In Orissa, the situation was slightly different. Here it was the Congress which originally took the lead in bringing in reactionary elements into its own rank to get a majority to oust the Swatantra-led combine. But it was a costly experiment and it turned out also to be short-lived.

In Bihar, the group fighting became shameless and instead of implementing the promises made to the people, the Congressmen divided them-selves into opportunist groups in the most grotesque display of factional fighting. It was only when it reached a point of total bankruptcy, and tired itself out that the Congress in Bihar had to choose a new Chief Minister who, how-ever, has yet to get the complete allegiance of his own party members.

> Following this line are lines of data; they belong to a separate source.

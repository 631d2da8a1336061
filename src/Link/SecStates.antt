-- ===== src/Link/SecStates.antt =====
-- link/SecLinkLayerStates.h and SecLinkLayerStates.cpp: the secondary station. Each handler returns the
-- context and the state that its caller assigns to `pSecState`.
use dnp.Prelude.{ℕ, Bool, if◌then◌else◌, List, bool_eq}
use dnp.Link.Context.{
  SecState, not_reset, reset, transmit_wait_reset, transmit_wait_not_reset, LinkContext,
  reset_read_fcb, toggle_read_fcb, queue_ack, queue_link_status, push_data_up,
}

module _ {S : Type 0} where
  unfoldable pub on_reset_link_states : SecState → LinkContext S → LinkContext S × SecState
  unfolding queue_ack reset_read_fcb
  on_reset_link_states not_reset c = (reset_read_fcb (queue_ack c), transmit_wait_reset)
  on_reset_link_states reset c = (reset_read_fcb (queue_ack c), transmit_wait_reset)
  on_reset_link_states s c = (c, s)

  unfoldable pub on_request_link_status : SecState → LinkContext S → LinkContext S × SecState
  unfolding queue_link_status
  on_request_link_status not_reset c = (queue_link_status c, transmit_wait_not_reset)
  on_request_link_status reset c = (queue_link_status c, transmit_wait_reset)
  on_request_link_status s c = (c, s)

  unfoldable pub on_test_link_status : SecState → Bool → LinkContext S → LinkContext S × SecState
  unfolding queue_ack toggle_read_fcb
  on_test_link_status reset fcb c =
      if bool_eq c.next_read_fcb fcb
      then (toggle_read_fcb (queue_ack c), transmit_wait_reset)
      else (c, reset)
  on_test_link_status s fcb c = (c, s)

  unfoldable pub on_confirmed_user_data :
      SecState → Bool → List ℕ → LinkContext S → LinkContext S × SecState
  unfolding queue_ack toggle_read_fcb push_data_up
  on_confirmed_user_data reset fcb userdata c =
      let c' = queue_ack c in
      (
        if bool_eq c'.next_read_fcb fcb then push_data_up userdata (toggle_read_fcb c') else c',
        transmit_wait_reset,
      )
  on_confirmed_user_data s fcb userdata c = (c, s)

-- `OnTransmitResult`: `SLLS_TransmitWaitBase` ignores whether the reply was sent.
unfoldable pub sec_on_transmit_result : SecState → SecState
sec_on_transmit_result transmit_wait_reset = reset
sec_on_transmit_result transmit_wait_not_reset = not_reset
sec_on_transmit_result s = s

In Uttar Pradesh, the group in power chose the path of total inaction, paralysing the entire administration and letting itself disintegrate to a degree that Central intervention became inevitable. After the imposition of President’s Rule, the group fighting has again intensified and now the squabble is for the choice of a new leader or the retention of the old. Different personalities with expectation of ruling over a huge State like UP have joined in a silent battle and in this a number of aspirants from the Centre have also been operating.

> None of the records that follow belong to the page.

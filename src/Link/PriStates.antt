-- ===== src/Link/PriStates.antt =====
-- link/PriLinkLayerStates.h and PriLinkLayerStates.cpp: the primary station. Each handler returns the
-- context and the state that its caller assigns to `pPriState`.
use dnp.Prelude.{Bool, true, false, if◌then◌else◌}
use dnp.Transport.Tx.{ITransportSegment}
use dnp.Link.Context.{
  PriState, idle, send_unconfirmed_transmit_wait, link_reset_transmit_wait,
  conf_user_data_transmit_wait, request_link_status_transmit_wait, reset_link_wait, conf_data_wait,
  request_link_status_wait, unreset, is_reset, LinkContext, emit, keep_alive_initiated,
  reset_write_fcb, toggle_write_fcb, queue_reset_links, queue_request_link_status, reset_retry,
  retry, post_status_callback, complete_send_operation, start_response_timer, cancel_timer,
  fail_keep_alive, complete_keep_alive, advance_segments, queue_confirmed, queue_unconfirmed,
}

module _ {S : Type 0} (source : ITransportSegment S) where
  -- `PLLS_Idle::TrySendUnconfirmed`, and `PriStateBase` in every other state.
  unfoldable pub try_send_unconfirmed : PriState → LinkContext S → LinkContext S × PriState
  unfolding queue_unconfirmed
  try_send_unconfirmed idle c = (queue_unconfirmed source c, send_unconfirmed_transmit_wait)
  try_send_unconfirmed p c = (c, p)

  unfoldable pub try_send_confirmed : PriState → LinkContext S → LinkContext S × PriState
  unfolding queue_confirmed queue_reset_links reset_retry
  try_send_confirmed idle c =
      if c.is_remote_reset
      then (queue_confirmed source (reset_retry c), conf_user_data_transmit_wait)
      else (queue_reset_links (reset_retry c), link_reset_transmit_wait)
  try_send_confirmed p c = (c, p)

  -- `Failure` of the two states that wait for an acknowledgement.
  unfoldable pub failure : LinkContext S → LinkContext S × PriState
  unfolding complete_send_operation cancel_timer
  failure c = (complete_send_operation false (cancel_timer c), idle)

  unfoldable pub on_ack : PriState → Bool → LinkContext S → LinkContext S × PriState
  unfolding reset_write_fcb cancel_timer queue_confirmed post_status_callback toggle_write_fcb
      advance_segments complete_send_operation
  on_ack reset_link_wait rx_buff_full c =
      let c' = cancel_timer (reset_write_fcb (record c { is_remote_reset = true })) in
      (post_status_callback is_reset (queue_confirmed source c'), conf_user_data_transmit_wait)
  on_ack conf_data_wait rx_buff_full c =
      let (more, c') = advance_segments source (cancel_timer (toggle_write_fcb c)) in
      if more
      then (queue_confirmed source c', conf_user_data_transmit_wait)
      else (complete_send_operation true c', idle)
  on_ack p rx_buff_full c = (c, p)

  unfoldable pub on_nack : PriState → Bool → LinkContext S → LinkContext S × PriState
  unfolding failure post_status_callback reset_retry cancel_timer queue_reset_links fail_keep_alive
  on_nack reset_link_wait rx_buff_full c = failure c
  on_nack conf_data_wait rx_buff_full c =
      let c' = post_status_callback unreset c in
      if rx_buff_full
      then failure c'
      else (queue_reset_links (cancel_timer (reset_retry c')), link_reset_transmit_wait)
  on_nack request_link_status_wait rx_buff_full c = (fail_keep_alive false (cancel_timer c), idle)
  on_nack p rx_buff_full c = (c, p)

  unfoldable pub on_link_status : PriState → Bool → LinkContext S → LinkContext S × PriState
  unfolding failure cancel_timer complete_keep_alive
  on_link_status reset_link_wait rx_buff_full c = failure c
  on_link_status conf_data_wait rx_buff_full c = failure c
  on_link_status request_link_status_wait rx_buff_full c =
      (complete_keep_alive (cancel_timer c), idle)
  on_link_status p rx_buff_full c = (c, p)

  unfoldable pub on_not_supported : PriState → Bool → LinkContext S → LinkContext S × PriState
  unfolding failure cancel_timer fail_keep_alive
  on_not_supported reset_link_wait rx_buff_full c = failure c
  on_not_supported conf_data_wait rx_buff_full c = failure c
  on_not_supported request_link_status_wait rx_buff_full c =
      (fail_keep_alive false (cancel_timer c), idle)
  on_not_supported p rx_buff_full c = (c, p)

  unfoldable pub on_transmit_result : PriState → Bool → LinkContext S → LinkContext S × PriState
  unfolding advance_segments queue_unconfirmed complete_send_operation start_response_timer
      fail_keep_alive
  on_transmit_result send_unconfirmed_transmit_wait success c =
      let (more, c') = advance_segments source c in
      if more
      then (queue_unconfirmed source c', send_unconfirmed_transmit_wait)
      else (complete_send_operation success c', idle)
  on_transmit_result link_reset_transmit_wait success c =
      if success
      then (start_response_timer c, reset_link_wait)
      else (complete_send_operation success c, idle)
  on_transmit_result conf_user_data_transmit_wait success c =
      if success
      then (start_response_timer c, conf_data_wait)
      else (complete_send_operation false c, idle)
  on_transmit_result request_link_status_transmit_wait success c =
      if success
      then (start_response_timer c, request_link_status_wait)
      else (fail_keep_alive false c, idle)
  on_transmit_result p success c = (c, p)

  unfoldable pub on_timeout : PriState → LinkContext S → LinkContext S × PriState
  unfolding retry queue_reset_links complete_send_operation queue_confirmed post_status_callback
      fail_keep_alive
  on_timeout reset_link_wait c =
      let (again, c') = retry c in
      if again
      then (queue_reset_links c', link_reset_transmit_wait)
      else (complete_send_operation false c', idle)
  on_timeout conf_data_wait c =
      let (again, c') = retry c in
      if again
      then (queue_confirmed source c', conf_user_data_transmit_wait)
      else (complete_send_operation false (post_status_callback unreset c'), idle)
  on_timeout request_link_status_wait c = (fail_keep_alive true c, idle)
  on_timeout p c = (c, p)

module _ {S : Type 0} where
  unfoldable pub try_send_request_link_status : PriState → LinkContext S → LinkContext S × PriState
  unfolding queue_request_link_status emit
  try_send_request_link_status idle c = (
    emit keep_alive_initiated (queue_request_link_status (record c { keep_alive_timeout = false })),
    request_link_status_transmit_wait,
  )
  try_send_request_link_status p c = (c, p)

In Gujarat, the entire mess became an eye-opener for the Congress leadership. Reliable reports say that more than Rs 30 lakhs of black money passed hands in this entire Operation Replacement in Gujarat. The manner in which intrigues and counter-intrigues were allowed to flourish, leading to a shocking state of affairs inside the party, might have helped to shake up the Congress leadership as indicated by Sri Chandrajit Yadav’s latest statement.

Meanwhile, rumblings have started in Madhya Pradesh and have been continuing in Mysore. Whether the Congress leadership—Smt Gandhi in particular—is in a position to put a stop to this downhill trend is yet to be seen.

The basic cause for this degeneration of the Congress endangering the very stability of its regime is that it has not moulded itself into a party for mass mobilisation for the realisation of the reforms that it has committed itself to on the governmental plane. The bogus manner in which land reform measures have been passed and implemented clearly shows that the Congress ranks have not been involved in the entire process.

More staggering has been the record of the Congress throughout the entire period that the government has been advertising the procure-ment drive for wheat. The record of Congressmen in leading posts in this respect is revealing indeed. Very few Pradesh Congress Committees can claim that the majority of the members with surplus foodgrains have sold their stocks to official agencies.

The AICC itself organised no campaign among the masses in defence of the government’s take-over of the wholesale trade in foodgrains. Not even a pamphelet has been issued by the AICC on this subject—an index of the apathy with which a major step towards curbing vested interests in the present situation, has been neglected by the Congress leadership.

In this background, the Congress, being ridden with factions, provides the clearest example of a party squandering its magnificent opportunities by forgetting to go in for mass mobilisation to keep its commitment to the masses.

The gangrene has no doubt set in but the patient has still the stamina to survive. It is to be seen if Smt Indira Gandhi can muster courage for the necessary amputation of the diseased limb so that the Congress might recover into a well-knit party ready to carry out the commitments it has made to the masses during the last three years.